◆ WHAT IS REQUIRED
Once you find the line with "x fs b mem blocks" in the entries below, return exactly every line from it through the line with "(fs : List Field) (de : List ℕ) (r".

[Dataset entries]
──────────
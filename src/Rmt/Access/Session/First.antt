-- ===== src/Rmt/Access/Session/First.antt =====
-- The first poll of a response to `RDOP_SHOW`.
use fw.Base.{
  ◌∙◌, ℕ, suc, ◌≡◌, ◌≤◌, refl, Bool, true, none, some, List, [], ◌∷◌, ◌++◌, length, arith, ◌==◌,
}
use mathlib.Core.Option
use fw.Sys.Mbox.{Memory, total_length, copy_parts}
use fw.Sys.Mbox.Laws.{joined}
use fw.Rmt.{Rmt, RmtState}
use fw.Rmt.Access.{
  Access, Ui, rdop_show, poll_res, check_generation, rmt_db_poll, poll_state, with_ui, RdbState,
  Shown, hidden, parts, aborted, shown, show_fields,
}
use fw.Rmt.Access.Session.{
  link, access, rmt_responsev-link, polls, Answers, Answers-end, Answers-poll, rounds-skip,
}
use fw.Db.Field.{Field}
use fw.Db.Entry.{Db}
use fw.Rmt.Access.Session.Fields.{
  add_shown, visible, IsShowable, Fits, shown-Fits, ahead, stopped, show_fields-full, Answers-ahead,
  stopped-showing,
}

-- The first poll of a response to `RDOP_SHOW`: it ends the response, or it sends what the first field
-- shows that shows something.
abbrev pub First : Access → List Field → Bool → Memory → List (List ℕ) → Type 0
First x fs b mem [] =
    show_fields x fs (link RmtState.res b mem none)
    ≡ some (record x { f = []; state = RdbState.end }, link RmtState.res b mem none)
First x fs b mem (block ∷ blocks) =
    (ps : List (List ℕ)) × (rest : List Field) × (joined ps ≡ block)
    × (total_length ps ≤ 256)
    × (visible rest ≡ blocks)
    × IsShowable rest
    × (show_fields x fs (link RmtState.res b mem none)
        ≡ some (
          stopped x (ahead rest),
          link RmtState.res b (copy_parts mem 0 ps) (some (total_length ps)),
        ))

First-hidden :
    (x : Access) (f : Field) (fs : List Field) (b : Bool) (mem : Memory) (blocks : List (List ℕ))
    → show_fields x (f ∷ fs) (link RmtState.res b mem none)
      ≡ show_fields x fs (link RmtState.res b mem none)
    → First x fs b mem blocks
    → First x (f ∷ fs) b mem blocks
First-hidden x f fs b mem [] e h = e ∙ h
First-hidden x f fs b mem (block ∷ blocks) e (ps, rest, j, t, v, i, h) =
    (ps, rest, j, t, v, i, e ∙ h)

First-shown :
    (sh : Shown) (x : Access) (f : Field) (fs : List Field) (b : Bool) (mem : Memory)
    → shown f ≡ sh
    → Fits sh
    → IsShowable fs
    → First x fs b mem (visible fs)
    → First x (f ∷ fs) b mem (add_shown sh (visible fs))
unfolding show_fields
First-shown hidden x f fs b mem e k h ih = First-hidden x f fs b mem (visible fs) (rw e refl) ih
First-shown (parts ps) x f fs b mem e k h ih = (
  ps,
  fs,
  refl,
  k,
  refl,
  h,
  rw
      (
        e,
        rmt_responsev-link b mem ps k,
        show_fields-full x fs b (copy_parts mem 0 ps) (total_length ps) h,
      )
      refl,
)
First-shown aborted x f fs b mem e k h ih = elim k [ ]

pub First-visible :
    (x : Access) (fs : List Field) (b : Bool) (mem : Memory)
    → IsShowable fs
    → First x fs b mem (visible fs)
unfolding visible
First-visible x [] b mem h = unfold show_fields in refl
First-visible x (f ∷ fs) b mem h =
    First-shown (shown f) x f fs b mem refl (shown-Fits f h.0 h.1) h.2
      (First-visible x fs b mem h.2)

module _ (u : Ui) {S : Type 0} (behind : List ℕ) (d : Db S) where
  poll-show :
      (fs : List Field) (de : List ℕ) (r : Rmt) (s : u.State)
      → let x = access RdbState.res rdop_show d.generation de fs in
        rmt_db_poll u behind d x r s ≡ Option.map (with_ui s) (show_fields x fs r)
  unfolding rmt_db_poll poll_state poll_res check_generation
  poll-show fs de r s =
      let same : (d.generation == d.generation) ≡ true = ground arith in rw same refl

  -- The whole response, from a state in which no block waits.
  pub Answers-First :
      (fs : List Field) (blocks : List (List ℕ)) (de : List ℕ) (b : Bool) (mem : Memory)
      (s : u.State)
      → First (access RdbState.res rdop_show d.generation de fs) fs b mem blocks
      → Answers u behind d
          (suc (polls blocks))
          (access RdbState.res rdop_show d.generation de fs)
          b
          mem
          s
          (blocks ++ ([] ∷ []))
          (access RdbState.idle rdop_show d.generation de [])
  Answers-First fs [] de b mem s h =
      let (mem', e) = Answers-end u behind d rdop_show d.generation de [] b mem s in
      (
        mem',
        rounds-skip u behind d 1 _ _ b mem s
              (rw (poll-show fs de (link RmtState.res b mem none) s, h) refl)
            ∙ e,
      )
  Answers-First fs (block ∷ blocks) de b mem s (ps, rest, j, t, v, i, h) =
      let after = Answers-ahead u behind d rest de b (copy_parts mem 0 ps) s i in
      rw (← j, ← v)
        (Answers-poll u behind d (suc (length (visible rest))) _ _ _ b mem s ps
          (visible rest ++ ([] ∷ [])) t
          (rw (poll-show fs de (link RmtState.res b mem none) s, h, stopped-showing u behind d)
            refl)
          after)
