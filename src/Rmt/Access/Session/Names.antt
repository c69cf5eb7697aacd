-- ===== src/Rmt/Access/Session/Names.antt =====
-- The response of `RDOP_LS`: the names of the entries.
use fw.Base.{
  ℕ, suc, ◌≡◌, ◌≤◌, refl, Bool, true, none, some, List, [], ◌∷◌, ◌++◌, map, length, arith, ◌==◌,
}
use mathlib.Core.List.{append-nil}
use mathlib.Core.Path.{subst}
use fw.Sys.Mbox.{Memory, total_length, copy_parts}
use fw.Rmt.{RmtState, rmt_response}
use fw.Rmt.Access.{Ui, rdop_ls, poll_res, check_generation, rmt_db_poll, poll_state, RdbState}
use fw.Rmt.Access.Session.{link, access, rmt_responsev-link, Answers, Answers-end, Answers-poll}
use fw.Db.Field.{Field}
use fw.Db.Entry.{Db}

module _ (u : Ui) {S : Type 0} (behind : List ℕ) (d : Db S) where
  -- The names of the entries fit in a block.
  abbrev pub AreShort : List ℕ → Type 0
  AreShort [] = Unit
  AreShort (a ∷ rest) = (length (d.cell a).name ≤ 256) × AreShort rest

  abbrev name_of : ℕ → List ℕ
  name_of a = (d.cell a).name

  abbrev after_name : List ℕ → RdbState
  after_name [] = RdbState.end
  after_name (a ∷ rest) = RdbState.res

  poll-name :
      (a : ℕ) (rest : List ℕ) (f : List Field) (b : Bool) (mem : Memory) (s : u.State)
      → length (name_of a) ≤ 256
      → rmt_db_poll u behind d
          (access RdbState.res rdop_ls d.generation (a ∷ rest) f)
          (link RmtState.res b mem none)
          s
        ≡ some (
          access (after_name rest) rdop_ls d.generation rest f,
          link RmtState.res b
              (copy_parts mem 0 (name_of a ∷ []))
              (some (total_length (name_of a ∷ []))),
          s,
        )
  unfolding rmt_db_poll poll_state poll_res check_generation rmt_response total_length
  poll-name a [] f b mem s h =
      let same : (d.generation == d.generation) ≡ true = ground arith in
      rw (same, rmt_responsev-link b mem (name_of a ∷ []) (omega arith)) refl
  poll-name a (c ∷ rest) f b mem s h =
      let same : (d.generation == d.generation) ≡ true = ground arith in
      rw (same, rmt_responsev-link b mem (name_of a ∷ []) (omega arith)) refl

  Answers-name :
      (a : ℕ) (rest : List ℕ) (n : ℕ) (f : List Field) (b : Bool) (mem : Memory) (s : u.State)
      (blocks : List (List ℕ))
      → length (name_of a) ≤ 256
      → Answers u behind d n
          (access (after_name rest) rdop_ls d.generation rest f)
          b
          (copy_parts mem 0 (name_of a ∷ []))
          s
          blocks
          (access RdbState.idle rdop_ls d.generation [] f)
      → Answers u behind d
          (suc n)
          (access RdbState.res rdop_ls d.generation (a ∷ rest) f)
          b
          mem
          s
          (name_of a ∷ blocks)
          (access RdbState.idle rdop_ls d.generation [] f)
  unfolding total_length
  Answers-name a rest n f b mem s blocks h k =
      let e : name_of a ++ [] ≡ name_of a = append-nil (name_of a) in
      subst
        (λ block.
          Answers u behind d (suc n) (access RdbState.res rdop_ls d.generation (a ∷ rest) f) b mem s
            (block ∷ blocks) (access RdbState.idle rdop_ls d.generation [] f))
        e
        (Answers-poll u behind d n _ _ _ b mem s (name_of a ∷ []) blocks (omega arith)
          (poll-name a rest f b mem s h) k)

  pub Answers-names :
      (a : ℕ) (rest : List ℕ) (f : List Field) (b : Bool) (mem : Memory) (s : u.State)
      → AreShort (a ∷ rest)
      → Answers u behind d
          (suc (length (a ∷ rest)))
          (access RdbState.res rdop_ls d.generation (a ∷ rest) f)
          b
          mem
          s
          (map name_of (a ∷ rest) ++ ([] ∷ []))
          (access RdbState.idle rdop_ls d.generation [] f)
  unfolding total_length
  Answers-names a [] f b mem s h =
      Answers-name a [] 1 f b mem s ([] ∷ []) h.0
        (Answers-end u behind d rdop_ls d.generation [] f b (copy_parts mem 0 (name_of a ∷ [])) s)
  Answers-names a (c ∷ rest) f b mem s h =
      Answers-name a (c ∷ rest) (suc (length (c ∷ rest))) f b mem s
        (map name_of (c ∷ rest) ++ ([] ∷ [])) h.0
        (Answers-names c rest f b (copy_parts mem 0 (name_of a ∷ [])) s h.1)
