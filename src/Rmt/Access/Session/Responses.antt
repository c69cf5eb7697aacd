-- ===== src/Rmt/Access/Session/Responses.antt =====
-- Whole sessions of `RDOP_LS` and `RDOP_SHOW`.
use fw.Base.{
  ℕ, suc, ◌≡◌, ◌≤◌, ◌<◌, refl, ◌∙◌, Bool, none, some, List, [], ◌∷◌, ◌++◌, map, length, arith,
}
use mathlib.Core.Path.{ap}
use fw.Sys.Mbox.{Checked, Memory, total_length, copy_parts}
use fw.Rmt.{RmtState, rmt_response}
use fw.Rmt.Access.{
  Access, Ui, rdop_ls, rdop_show, poll_res, start_request, begin_response, rmt_db_poll, poll_state,
  RdbState, not_found, rdop_not_found, show_found, find_entry,
}
use fw.Rmt.Access.Session.{
  Live, polls, link, access, rmt_responsev-link, asked, rounds, Answers-end, Answers-poll,
}
use fw.Db.Field.{Field}
use fw.Db.Entry.{Db}
use fw.Rmt.Access.Session.Request.{ended, asked-start_request, rounds-ended, rounds-empty}
use fw.Rmt.Access.Session.Names.{AreShort, Answers-names}
use fw.Rmt.Access.Session.Fields.{IsShowable, visible}
use fw.Rmt.Access.Session.First.{First-visible, Answers-First}

module _ (u : Ui) {S : Type 0} (behind : List ℕ) (d : Db S) where
  abbrev pub names : List ℕ → List (List ℕ)
  names as' = map (λ a. (d.cell a).name) as'

  -- In `n` rounds the host gets the blocks, and both sides come to be idle.
  abbrev pub Gives : ℕ → Checked (Live u behind d) → Bool → u.State → List (List ℕ) → Type 0
  Gives n t b s blocks =
      (x : Access) × (mem : Memory) × (x.state ≡ RdbState.idle)
      × (rounds u behind d n t ≡ some (blocks, (x, link RmtState.idle b mem none, s)))

  Gives-names :
      (de : List ℕ) (f : List Field) (b : Bool) (mem : Memory) (s : u.State)
      → AreShort u behind d de
      → Gives
          (suc (polls de))
          (some (access RdbState.req rdop_ls d.generation de f, ended b mem, s))
          b
          s
          (names de ++ ([] ∷ []))
  unfolding begin_response
  Gives-names [] f b mem s h = (_, _, refl, rounds-empty u behind d rdop_ls [] f b mem s refl)
  Gives-names (a ∷ rest) f b mem s h =
      let (mem', e) = Answers-names u behind d a rest f b mem s h in
      (
        _,
        mem',
        refl,
        rounds-ended u behind d (length (a ∷ rest)) rdop_ls (a ∷ rest) f b mem s refl ∙ e,
      )

  Gives-asked :
      (n o g op : ℕ) (de args : List ℕ) (f : List Field) (b : Bool) (mem : Memory) (s s' : u.State)
      (x : Access) (blocks : List (List ℕ))
      → length (op ∷ args) ≤ 256
      → start_request u behind d (access RdbState.req op d.generation de f) op args s ≡ (x, s')
      → Gives n (some (x, ended b (copy_parts mem 0 ((op ∷ args) ∷ [])), s')) b s' blocks
      → Gives n
          (asked u behind d
            (op ∷ args)
            (some (access RdbState.idle o g de f, link RmtState.idle b mem none, s)))
          b
          s'
          blocks
  Gives-asked n o g op de args f b mem s s' x blocks h e (y, mem', i, k) = (
    y,
    mem',
    i,
    ap (rounds u behind d n) (asked-start_request u behind d o g op de args f b mem s s' x h e) ∙ k,
  )

  -- Where the names of the entries fit in a block, the host that asks an idle device for the list of
  -- accounts gets in one round for each entry, and one at the end, the names of all entries in their
  -- order and then the empty block, after which both sides are idle; without an entry it takes two
  -- rounds.
  pub rmt_db_poll-ls :
      (o g : ℕ) (de : List ℕ) (f : List Field) (b : Bool) (mem : Memory) (s : u.State)
      → AreShort u behind d d.entries
      → Gives
          (suc (polls d.entries))
          (asked u behind d
            (rdop_ls ∷ [])
            (some (access RdbState.idle o g de f, link RmtState.idle b mem none, s)))
          b
          s
          (names d.entries ++ ([] ∷ []))
  unfolding start_request
  rmt_db_poll-ls o g de f b mem s h =
      Gives-asked (suc (polls d.entries)) o g rdop_ls de [] f b mem s s _
        (names d.entries ++ ([] ∷ [])) (omega arith) refl
        (Gives-names d.entries f b (copy_parts mem 0 ((rdop_ls ∷ []) ∷ [])) s h)

  -- What `RDOP_SHOW` answers for the entries from the one that was found on.
  unfoldable pub show_blocks : List ℕ → List (List ℕ)
  unfolding visible
  show_blocks [] = not_found ∷ []
  show_blocks (a ∷ rest) = visible (d.cell a).fields

  -- The fields of the entries are such as the database holds.
  abbrev pub IsShowableEntry : List ℕ → Type 0
  IsShowableEntry [] = Unit
  IsShowableEntry (a ∷ rest) = IsShowable (d.cell a).fields

  Gives-fields :
      (fs : List Field) (de : List ℕ) (b : Bool) (mem : Memory) (s : u.State)
      → IsShowable fs
      → Gives
          (suc (polls (visible fs)))
          (some (access RdbState.req rdop_show d.generation de fs, ended b mem, s))
          b
          s
          (visible fs ++ ([] ∷ []))
  unfolding begin_response visible
  Gives-fields [] de b mem s h = (
    access RdbState.idle rdop_show d.generation de [],
    mem,
    refl,
    rounds-empty u behind d rdop_show de [] b mem s refl,
  )
  Gives-fields (f ∷ fs) de b mem s h =
      let x = access RdbState.res rdop_show d.generation de (f ∷ fs) in
      let (mem', e) =
        Answers-First u behind d (f ∷ fs) (visible (f ∷ fs)) de b mem s
          (First-visible x (f ∷ fs) b mem h) in
      (
        _,
        mem',
        refl,
        rounds-ended u behind d (polls (visible (f ∷ fs))) rdop_show de (f ∷ fs) b mem s refl ∙ e,
      )

  poll-not_found :
      (b : Bool) (mem : Memory) (s : u.State)
      → rmt_db_poll u behind d
          (access RdbState.res rdop_not_found d.generation [] [])
          (link RmtState.res b mem none)
          s
        ≡ some (
          access RdbState.end rdop_not_found d.generation [] [],
          link RmtState.res b
              (copy_parts mem 0 (not_found ∷ []))
              (some (total_length (not_found ∷ []))),
          s,
        )
  unfolding rmt_db_poll poll_state poll_res rmt_response total_length
  poll-not_found b mem s = rw (rmt_responsev-link b mem (not_found ∷ []) (omega arith)) refl

  Gives-not_found :
      (b : Bool) (mem : Memory) (s : u.State)
      → Gives 2
          (some (access RdbState.req rdop_not_found d.generation [] [], ended b mem, s))
          b
          s
          (not_found ∷ [] ∷ [])
  unfolding begin_response total_length
  Gives-not_found b mem s =
      let (mem', e) =
        Answers-poll u behind d 1 _ _ _ b mem s (not_found ∷ []) ([] ∷ []) (omega arith)
          (poll-not_found b mem s)
          (Answers-end u behind d rdop_not_found d.generation [] [] b
            (copy_parts mem 0 (not_found ∷ [])) s) in
      (_, mem', refl, rounds-ended u behind d 1 rdop_not_found [] [] b mem s refl ∙ e)

  Gives-found :
      (found de : List ℕ) (f : List Field) (b : Bool) (mem : Memory) (s : u.State) (x : Access)
      → IsShowableEntry found
      → x ≡ show_found u behind d (access RdbState.req rdop_show d.generation de f) found
      → Gives
          (suc (polls (show_blocks found)))
          (some (x, ended b mem, s))
          b
          s
          (show_blocks found ++ ([] ∷ []))
  unfolding show_blocks
  Gives-found [] de f b mem s x h e = rw e (Gives-not_found b mem s)
  Gives-found (a ∷ rest) de f b mem s x h e =
      rw e (Gives-fields (d.cell a).fields (a ∷ rest) b mem s h)

  -- Where the fields of the entry are such as the database holds, and the name leaves room for the
  -- operation in a block, the host that asks an idle device for the fields of the first entry of that
  -- name gets the blocks that the fields show, or that there is no such entry, and then the empty
  -- block, after which both sides are idle; it takes a round for each block, two rounds at least.
  pub rmt_db_poll-show :
      (o g : ℕ) (de name : List ℕ) (f : List Field) (b : Bool) (mem : Memory) (s : u.State)
      → length name < 256
      → let found = find_entry d.cell d.entries name in
        IsShowableEntry found
        → Gives
            (suc (polls (show_blocks found)))
            (asked u behind d
              (rdop_show ∷ name)
              (some (access RdbState.idle o g de f, link RmtState.idle b mem none, s)))
            b
            s
            (show_blocks found ++ ([] ∷ []))
  unfolding start_request
  rmt_db_poll-show o g de name f b mem s l h =
      let found = find_entry d.cell d.entries name in
      Gives-asked (suc (polls (show_blocks found))) o g rdop_show de name f b mem s s _
        (show_blocks found ++ ([] ∷ [])) (omega arith) refl
        (Gives-found found de f b (copy_parts mem 0 ((rdop_show ∷ name) ∷ [])) s _ h refl)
──────────
◆ ANSWER FOR THE TASK
    → First x fs b mem blocks
    → First x (f ∷ fs) b mem blocks
First-hidden x f fs b mem [] e h = e ∙ h
First-hidden x f fs b mem (block ∷ blocks) e (ps, rest, j, t, v, i, h) =
    (ps, rest, j, t, v, i, e ∙ h)

First-shown :
    (sh : Shown) (x : Access) (f : Field) (fs : List Field) (b : Bool) (mem : Memory)
    → shown f ≡ sh
    → Fits sh
    → IsShowable fs
    → First x fs b mem (visible fs)
    → First x (f ∷ fs) b mem (add_shown sh (visible fs))
unfolding show_fields
First-shown hidden x f fs b mem e k h ih = First-hidden x f fs b mem (visible fs) (rw e refl) ih
First-shown (parts ps) x f fs b mem e k h ih = (
  ps,
  fs,
  refl,
  k,
  refl,
  h,
  rw
      (
        e,
        rmt_responsev-link b mem ps k,
        show_fields-full x fs b (copy_parts mem 0 ps) (total_length ps) h,
      )
      refl,
)
First-shown aborted x f fs b mem e k h ih = elim k [ ]

pub First-visible :
    (x : Access) (fs : List Field) (b : Bool) (mem : Memory)
    → IsShowable fs
    → First x fs b mem (visible fs)
unfolding visible
First-visible x [] b mem h = unfold show_fields in refl
First-visible x (f ∷ fs) b mem h =
    First-shown (shown f) x f fs b mem refl (shown-Fits f h.0 h.1) h.2
      (First-visible x fs b mem h.2)

module _ (u : Ui) {S : Type 0} (behind : List ℕ) (d : Db S) where
  poll-show :
      (fs : List Field) (de : List ℕ) (r : Rmt) (s : u.State)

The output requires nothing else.